**What the exercise asks**: Please reproduce exactly the lines from the start of the records through the one containing "pub record Fails", and nothing more.

**Available data**:
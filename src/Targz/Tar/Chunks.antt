-- ===== src/Targz/Tar/Chunks.antt =====
-- The tar parser does not see how its input was cut: "any amount, any alignment".
use spangap_core.Base.{
  ℕ, ◌+◌, ◌-◌, ◌<◌, ◌≡◌, ◌≢◌, ◌∙◌, refl, ap, sym, inl, inr, ◌⊎◌, List, [], ◌++◌, Bool, true, false,
  Bool-cases, arith, ltb, length, take, length-take, length-append, min, ltb→lt, ltb→le,
  take-append_le, drop-append_le, take-append_ge, drop-append_ge, append_assoc, subst, take-all,
}
use spangap_core.Targz.Tar.{
  Err, ok, TarStage, tar_hdr, tar_data, tar_pad, Callbacks, Tar, hdr_step, data_step, pad_step,
}
use spangap_core.Targz.Tar.Rounds.{
  hdr_step-short, hdr_step-full, pad_step-short, pad_step-full, data_step-short, data_step-full,
  data_step-fails, body,
}

-- A receiver that takes a body in two pieces as it takes it in one: once it has accepted the first
-- piece, it treats the second as it would have treated the rest.
pub record TakesPieces (cb : Callbacks) : Type 0 where
  pub pieces :
      (c : cb.Ctx) (a b : List ℕ)
      → 0 < length a
      → 0 < length b
      → (cb.on_data c a).0 ≡ true
      → cb.on_data c (a ++ b) ≡ cb.on_data (cb.on_data c a).1 b

module _ {Ctx : Type 0} where
  -- Two failures with the same error that leave the receiver and the counts alike.
  pub record Fails (a b : Err × Tar Ctx) : Type 0 where
    pub error : a.0 ≡ b.0
    pub failed : a.0 ≢ ok
    pub ctx : a.1.ctx ≡ b.1.ctx
    pub entries : a.1.entries ≡ b.1.entries
    pub bytes : a.1.bytes ≡ b.1.bytes

  -- The same outcome: the same error and state, or the same failure.
  abbrev pub Agree : Err × Tar Ctx → Err × Tar Ctx → Type 0
  Agree a b = (a ≡ b) ⊎ Fails a b

  pub Agree-refl : (a : Err × Tar Ctx) → Agree a a
  Agree-refl a = inl refl

  abbrev pub outcome : Err × Tar Ctx × List ℕ → Err × Tar Ctx
  outcome (e, r, rest) = (e, r)

  -- What a round on a longer run does, given the round on its front: it stops at the same place, or it
  -- goes on as a round on the back would.
  pub data Split (whole : Err × Tar Ctx × List ℕ) (r' : Tar Ctx) (rest q : List ℕ)
      (back : Err × Tar Ctx × List ℕ) (stage : TarStage) : Type 0 where
    stops : whole ≡ (ok, r', rest ++ q) → Split whole r' rest q back stage
    goes_on :
        rest ≡ []
        → r'.stage ≡ stage
        → (whole ≡ back) ⊎ Fails (outcome whole) (outcome back)
        → Split whole r' rest q back stage

module _ (cb : Callbacks) (law : TakesPieces cb) where
  open cb use {Ctx, on_data}

  module _ (r : Tar Ctx) (p q : List ℕ) (qs : 0 < length q) where
    -- A block that the front leaves open is filled by the back as if nothing had been cut.
    hdr_step-join :
        length r.hdr + length p < 512
        → hdr_step cb r (p ++ q) ≡ hdr_step cb (record r { hdr = r.hdr ++ p }) q
    hdr_step-join short = elim (Bool-cases (ltb (length r.hdr + length p + length q) 512)) [
      | inl open_still ↦
          hdr_step-short cb r (p ++ q) (omega (arith, length-append p q, ltb→lt _ _ open_still))
          ∙ rw (← append_assoc r.hdr p q) (
              sym (
                hdr_step-short cb (record r { hdr = r.hdr ++ p }) q
                  (omega (arith, length-append r.hdr p, ltb→lt _ _ open_still))))
      | inr filled ↦
          hdr_step-full cb r (p ++ q) n (omega arith)
            (omega (arith, length-append p q, ltb→le _ _ filled))
          ∙ rw
              (
                take-append_ge n p q (omega arith),
                drop-append_ge n p q (omega arith),
                ← append_assoc r.hdr p (take (n - length p) q),
              )
              (sym (
                hdr_step-full cb (record r { hdr = r.hdr ++ p }) q (n - length p)
                  (omega (arith, length-append r.hdr p)) (omega (arith, ltb→le _ _ filled))))
    ]
      where
        n : ℕ
        n = 512 - length r.hdr

    pub hdr_step-Split :
        (r' : Tar Ctx) (rest : List ℕ)
        → length r.hdr < 512
        → r.stage ≡ tar_hdr
        → hdr_step cb r p ≡ (ok, r', rest)
        → Split (hdr_step cb r (p ++ q)) r' rest q (hdr_step cb r' q) tar_hdr
    hdr_step-Split r' rest room st e = elim (Bool-cases (ltb (length r.hdr + length p) 512)) [
      | inl short ↦
          let w : (ok, record r { hdr = r.hdr ++ p }, []) ≡ (ok, r', rest) =
            sym (hdr_step-short cb r p (ltb→lt _ _ short)) ∙ e in
          goes_on (sym (ap (λ (t : Err × Tar Ctx × List ℕ). t.2) w))
            (ap (λ (t : Err × Tar Ctx × List ℕ). t.1.stage) (sym w) ∙ st)
            (inl (
              hdr_step-join (ltb→lt _ _ short)
              ∙ ap (λ (t : Err × Tar Ctx × List ℕ). hdr_step cb t.1 q) w))
      | inr full ↦
          let n = 512 - length r.hdr in
          let w = sym (hdr_step-full cb r p n (omega arith) (omega (arith, ltb→le _ _ full))) ∙ e in
          stops (
            hdr_step-full cb r (p ++ q) n (omega arith)
              (omega (arith, ltb→le _ _ full, length-append p q))
            ∙ rw
                (
                  take-append_le n p q (omega (arith, ltb→le _ _ full)),
                  drop-append_le n p q (omega (arith, ltb→le _ _ full)),
                )
                (ap (λ (t : Err × Tar Ctx × List ℕ). (t.0, t.1, t.2 ++ q)) w))
    ]

    pad_step-join :
        length p < r.pad
        → pad_step cb r (p ++ q) ≡ pad_step cb (record r { pad = r.pad - length p }) q
    pad_step-join short = elim (Bool-cases (ltb (length p + length q) r.pad)) [
      | inl open_still ↦
          pad_step-short cb r (p ++ q) (omega (arith, length-append p q, ltb→lt _ _ open_still))
          ∙ rw (length-append p q, sub_sum)
              (sym (
                pad_step-short cb (record r { pad = r.pad - length p }) q
                  (omega (arith, ltb→lt _ _ open_still))))
      | inr filled ↦
          pad_step-full cb r (p ++ q) (omega (arith, length-append p q, ltb→le _ _ filled))
          ∙ rw (drop-append_ge r.pad p q (omega arith)) (
              sym (
                pad_step-full cb (record r { pad = r.pad - length p }) q
                  (omega (arith, ltb→le _ _ filled))))
    ]
      where
        sub_sum : r.pad - (length p + length q) ≡ r.pad - length p - length q
        sub_sum = omega arith

    pub pad_step-Split :
        (r' : Tar Ctx) (rest : List ℕ)
        → r.stage ≡ tar_pad
        → pad_step cb r p ≡ (ok, r', rest)
        → Split (pad_step cb r (p ++ q)) r' rest q (pad_step cb r' q) tar_pad
    pad_step-Split r' rest st e = elim (Bool-cases (ltb (length p) r.pad)) [
      | inl short ↦
          let w : (ok, record r { pad = r.pad - length p }, []) ≡ (ok, r', rest) =
            sym (pad_step-short cb r p (ltb→lt _ _ short)) ∙ e in
          goes_on (sym (ap (λ (t : Err × Tar Ctx × List ℕ). t.2) w))
            (ap (λ (t : Err × Tar Ctx × List ℕ). t.1.stage) (sym w) ∙ st)
            (inl (
              pad_step-join (ltb→lt _ _ short)
              ∙ ap (λ (t : Err × Tar Ctx × List ℕ). pad_step cb t.1 q) w))
      | inr full ↦
          let w = sym (pad_step-full cb r p (ltb→le _ _ full)) ∙ e in
          stops (
            pad_step-full cb r (p ++ q) (omega (arith, ltb→le _ _ full, length-append p q))
            ∙ rw (drop-append_le r.pad p q (ltb→le _ _ full))
                (ap (λ (t : Err × Tar Ctx × List ℕ). (t.0, t.1, t.2 ++ q)) w))
    ]

    module _ (ps : 0 < length p) (short : length p < r.pending)
        (fine : (body cb r p).0 ≡ true) where
      abbrev half : Tar Ctx
      half = record r { ctx = (body cb r p).1; pending = r.pending - length p }

      -- The receiver answers to the rest of the body as to its second piece.
      body-join : (b : List ℕ) → 0 < length b → body cb r (p ++ b) ≡ body cb half b
      body-join b bs = elim (Bool-cases r.in_file) [
        | inl file ↦ rw file (law.pieces r.ctx p b ps bs (rw file at fine))
        | inr dir ↦ rw dir
      ]

      -- Both refuse the same bytes of the body.
      both_refuse :
          (b : List ℕ)
          → 0 < length b
          → take (min r.pending (length (p ++ q))) (p ++ q) ≡ p ++ b
          → take (min half.pending (length q)) q ≡ b
          → (body cb half b).0 ≡ false
          → Fails (outcome (data_step cb r (p ++ q))) (outcome (data_step cb half q))
      both_refuse b bs front back bad =
          rw
            (
              data_step-fails cb r (p ++ q) (p ++ b) front (rw (body-join b bs) bad),
              data_step-fails cb half q b back bad,
            )
            (record {
              error = refl;
              failed = λ e. cc;
              ctx = ap (λ (t : Bool × Ctx). t.1) (body-join b bs);
              entries = refl;
              bytes = refl;
            })

      data_step-join :
          (data_step cb r (p ++ q) ≡ data_step cb half q)
          ⊎ Fails (outcome (data_step cb r (p ++ q))) (outcome (data_step cb half q))
      data_step-join = elim (Bool-cases (ltb (length p + length q) r.pending)) [
        | inl open_still ↦
            let lt = ltb→lt _ _ open_still in
            elim (Bool-cases (body cb half q).0) [
              | inr bad ↦ inr (
                  both_refuse q qs (take-all _ (p ++ q) (omega (arith, length-append p q)))
                    (take-all _ q (omega arith)) bad)
              | inl good ↦ inl (
                  data_step-short cb r (p ++ q) (omega (arith, length-append p q))
                    (rw (body-join q qs) good)
                  ∙ rw (length-append p q, body-join q qs, sub_sum)
                      (sym (data_step-short cb half q (omega arith) good)))
            ]
        | inr filled ↦
            let le = ltb→le _ _ filled in
            elim (Bool-cases (body cb half piece).0) [
              | inr bad ↦ inr (
                  both_refuse piece some_piece
                    (ap (λ (n : ℕ). take n (p ++ q)) (omega (arith, length-append p q)) ∙ front)
                    (ap (λ (n : ℕ). take n q) (omega arith)) bad)
              | inl good ↦ inl (
                  data_step-full cb r (p ++ q) (omega (arith, length-append p q))
                    (rw (front, body-join piece some_piece) good)
                  ∙ rw
                      (
                        front,
                        body-join piece some_piece,
                        drop-append_ge r.pending p q (omega arith),
                      )
                      (sym (data_step-full cb half q (omega arith) good)))
            ]
      ]
        where
          sub_sum : r.pending - (length p + length q) ≡ r.pending - length p - length q
          sub_sum = omega arith

          piece : List ℕ
          piece = take (r.pending - length p) q

          some_piece : 0 < length piece
          some_piece = omega (arith, length-take (r.pending - length p) q)

          front : take r.pending (p ++ q) ≡ p ++ piece
          front = take-append_ge r.pending p q (omega arith)

    pub data_step-Split :
        (r' : Tar Ctx) (rest : List ℕ)
        → 0 < length p
        → r.stage ≡ tar_data
        → data_step cb r p ≡ (ok, r', rest)
        → Split (data_step cb r (p ++ q)) r' rest q (data_step cb r' q) tar_data
    data_step-Split r' rest ps st e = elim (Bool-cases (ltb (length p) r.pending)) [
      | inl short ↦
          let lt = ltb→lt _ _ short in
          elim (Bool-cases (body cb r p).0) [
            | inr bad ↦ cc (sym e ∙ data_step-fails cb r p p (take-all _ p (omega arith)) bad)
            | inl fine ↦
                let w : (ok, half ps lt fine, []) ≡ (ok, r', rest) =
                  sym (data_step-short cb r p lt fine) ∙ e in
                goes_on (sym (ap (λ (t : Err × Tar Ctx × List ℕ). t.2) w))
                  (ap (λ (t : Err × Tar Ctx × List ℕ). t.1.stage) (sym w) ∙ st)
                  (subst
                    (λ x.
                      (data_step cb r (p ++ q) ≡ data_step cb x q)
                      ⊎ Fails (outcome (data_step cb r (p ++ q))) (outcome (data_step cb x q)))
                    (ap (λ (t : Err × Tar Ctx × List ℕ). t.1) w) (data_step-join ps lt fine))
          ]
      | inr full ↦
          let le = ltb→le _ _ full in
          elim (Bool-cases (body cb r (take r.pending p)).0) [
            | inr bad ↦ cc (
                sym e
                ∙ data_step-fails cb r p (take r.pending p) (ap (λ (n : ℕ). take n p) (omega arith))
                    bad)
            | inl fine ↦
                let w = sym (data_step-full cb r p le fine) ∙ e in
                stops (
                  data_step-full cb r (p ++ q) (omega (arith, length-append p q))
                    (rw (take-append_le r.pending p q le) fine)
                  ∙ rw (take-append_le r.pending p q le, drop-append_le r.pending p q le)
                      (ap (λ (t : Err × Tar Ctx × List ℕ). (t.0, t.1, t.2 ++ q)) w))
          ]
    ]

**Exercise response**:
filename src/Targz/Tar/Chunks.antt
-- ===== src/Targz/Tar/Chunks.antt =====
-- The tar parser does not see how its input was cut: "any amount, any alignment".
use spangap_core.Base.{
  ℕ, ◌+◌, ◌-◌, ◌<◌, ◌≡◌, ◌≢◌, ◌∙◌, refl, ap, sym, inl, inr, ◌⊎◌, List, [], ◌++◌, Bool, true, false,
  Bool-cases, arith, ltb, length, take, length-take, length-append, min, ltb→lt, ltb→le,
  take-append_le, drop-append_le, take-append_ge, drop-append_ge, append_assoc, subst, take-all,
}
use spangap_core.Targz.Tar.{
  Err, ok, TarStage, tar_hdr, tar_data, tar_pad, Callbacks, Tar, hdr_step, data_step, pad_step,
}
use spangap_core.Targz.Tar.Rounds.{
  hdr_step-short, hdr_step-full, pad_step-short, pad_step-full, data_step-short, data_step-full,
  data_step-fails, body,
}

-- A receiver that takes a body in two pieces as it takes it in one: once it has accepted the first
-- piece, it treats the second as it would have treated the rest.
pub record TakesPieces (cb : Callbacks) : Type 0 where
  pub pieces :
      (c : cb.Ctx) (a b : List ℕ)
      → 0 < length a
      → 0 < length b
      → (cb.on_data c a).0 ≡ true
      → cb.on_data c (a ++ b) ≡ cb.on_data (cb.on_data c a).1 b

module _ {Ctx : Type 0} where
  -- Two failures with the same error that leave the receiver and the counts alike.
  pub record Fails (a b : Err × Tar Ctx) : Type 0 where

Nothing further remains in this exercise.